[Given records]:

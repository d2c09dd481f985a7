-- ===== src/Lifecycle/Clearing.antt =====
-- A teardown clears every static variable that a bring-up or a program run sets, from any state.
use nfsplayground.Base.{◌≡◌, ◌∙◌, ap, inl, inr, false, none, Bool-cases, Option-cases, ◌>>=◌, ◌>>◌}
use nfsplayground.Kernel.{Kernel}
use nfsplayground.Fixture.{Fixture, sys}
use nfsplayground.Paths.{rmdir}
use nfsplayground.Settle.{mnt}
use nfsplayground.Mounts.{scratch_mnt, scratch_umount}
use nfsplayground.Server.{export_dir}
use nfsplayground.Programs.{hostbin_umount}
use nfsplayground.Lifecycle.{
  default_opts, nfsdfs_dir, export_opts, stop_client, stop_server, umount_nfsdfs, umount_tmpfs,
  forget_root, teardown,
}

module _ {K : Kernel} where
  hostbin_umount-clears :
      (w : Fixture K)
      → (hostbin_umount K w).1
        ≡ record w { machine = (hostbin_umount K w).1.machine; hostbin_mounted = false }
  unfolding hostbin_umount
  hostbin_umount-clears w = elim (Bool-cases w.hostbin_mounted) [
    | inl e ↦ rw (e, ◌>>=◌, ◌>>◌)
    | inr e ↦ rw (e, ◌>>=◌, ◌>>◌)
  ]

  stop_client-clears :
      (w : Fixture K)
      → (stop_client K w).1
        ≡ record w { machine = (stop_client K w).1.machine; client_mounted = false }
  unfolding stop_client
  stop_client-clears w = elim (Bool-cases w.client_mounted) [
    | inl e ↦ rw (e, ◌>>=◌)
    | inr e ↦ rw (e, ◌>>=◌)
  ]

  stop_server-clears :
      (w : Fixture K)
      → (stop_server K w).1 ≡ record w { machine = (stop_server K w).1.machine; nfsd_up = false }
  unfolding stop_server
  stop_server-clears w = elim (Bool-cases w.nfsd_up) [
    | inl e ↦ rw (e, ◌>>=◌)
    | inr e ↦ rw (e, ◌>>=◌)
  ]

  umount_nfsdfs-clears :
      (w : Fixture K)
      → (umount_nfsdfs K w).1
        ≡ record w { machine = (umount_nfsdfs K w).1.machine; nfsdfs_mounted = false }
  unfolding umount_nfsdfs
  umount_nfsdfs-clears w = elim (Bool-cases w.nfsdfs_mounted) [
    | inl e ↦ rw (e, ◌>>=◌)
    | inr e ↦ rw (e, ◌>>=◌)
  ]

  umount_tmpfs-clears :
      (w : Fixture K)
      → (umount_tmpfs K w).1
        ≡ record w { machine = (umount_tmpfs K w).1.machine; tmpfs_mounted = false }
  unfolding umount_tmpfs
  umount_tmpfs-clears w = elim (Bool-cases w.tmpfs_mounted) [
    | inl e ↦ rw (e, ◌>>=◌)
    | inr e ↦ rw (e, ◌>>=◌)
  ]

  forget_root-clears :
      (w : Fixture K)
      → (forget_root K w).1
        ≡ record w { machine = (forget_root K w).1.machine; bringup_root = none }
  unfolding forget_root
  forget_root-clears w = elim (Option-cases w.bringup_root) [
    | inl e ↦ rw (e, ◌>>=◌)
    | inr (root, e) ↦ rw (e, ◌>>=◌)
  ]

  -- From any state, half-built ones included, xfs_teardown leaves the four stages and the program
  -- directory marked as down, the root forgotten and the export options back at the default, and
  -- touches no other static variable: not the reference count, and not the switched credentials.
  pub teardown-clears :
      (w : Fixture K)
      → (teardown K w).1 ≡ record w {
        machine = (teardown K w).1.machine;
        export_mount_opts = K.strscpy 64 default_opts;
        tmpfs_mounted = false;
        nfsdfs_mounted = false;
        nfsd_up = false;
        client_mounted = false;
        bringup_root = none;
        hostbin_mounted = false;
      }
  unfolding teardown export_opts
  teardown-clears w =
      let w1 = (hostbin_umount K w).1 in
      let w2 = (sys (rmdir K scratch_mnt) (sys (scratch_umount K) w1).1).1 in
      let w3 = (stop_client K w2).1 in
      let w4 = (stop_server K w3).1 in
      let w5 = (umount_nfsdfs K w4).1 in
      let w6 = (umount_tmpfs K w5).1 in
      let w7 = (sys (rmdir K export_dir) (sys (rmdir K nfsdfs_dir) (sys (rmdir K mnt) w6).1).1).1 in
      let w8 = record w7 { export_mount_opts = K.strscpy 64 default_opts } in
      let m = (forget_root K w8).1.machine in
      let o = K.strscpy 64 default_opts in
      forget_root-clears w8
      ∙ ap {A = Fixture K}
          (λ v. record v { machine = m; bringup_root = none; export_mount_opts = o })
          (umount_tmpfs-clears w5)
      ∙ ap {A = Fixture K}
          (λ v. record v {
            machine = m;
            bringup_root = none;
            export_mount_opts = o;
            tmpfs_mounted = false;
          })
          (umount_nfsdfs-clears w4)
      ∙ ap {A = Fixture K}
          (λ v. record v {
            machine = m;
            bringup_root = none;
            export_mount_opts = o;
            tmpfs_mounted = false;
            nfsdfs_mounted = false;
          })
          (stop_server-clears w3)
      ∙ ap {A = Fixture K}
          (λ v. record v {
            machine = m;
            bringup_root = none;
            export_mount_opts = o;
            tmpfs_mounted = false;
            nfsdfs_mounted = false;
            nfsd_up = false;
          })
          (stop_client-clears w2)
      ∙ ap {A = Fixture K}
          (λ v. record v {
            machine = m;
            bringup_root = none;
            export_mount_opts = o;
            tmpfs_mounted = false;
            nfsdfs_mounted = false;
            nfsd_up = false;
            client_mounted = false;
          })
          (hostbin_umount-clears w)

[What you have to do]: Your answer should consist of each line of the data above in which the word "Bool" occurs.

[Response for this exercise]:
use nfsplayground.Base.{◌≡◌, ◌∙◌, ap, inl, inr, false, none, Bool-cases, Option-cases, ◌>>=◌, ◌>>◌}
  hostbin_umount-clears w = elim (Bool-cases w.hostbin_mounted) [
  stop_client-clears w = elim (Bool-cases w.client_mounted) [
  stop_server-clears w = elim (Bool-cases w.nfsd_up) [
  umount_nfsdfs-clears w = elim (Bool-cases w.nfsdfs_mounted) [
  umount_tmpfs-clears w = elim (Bool-cases w.tmpfs_mounted) [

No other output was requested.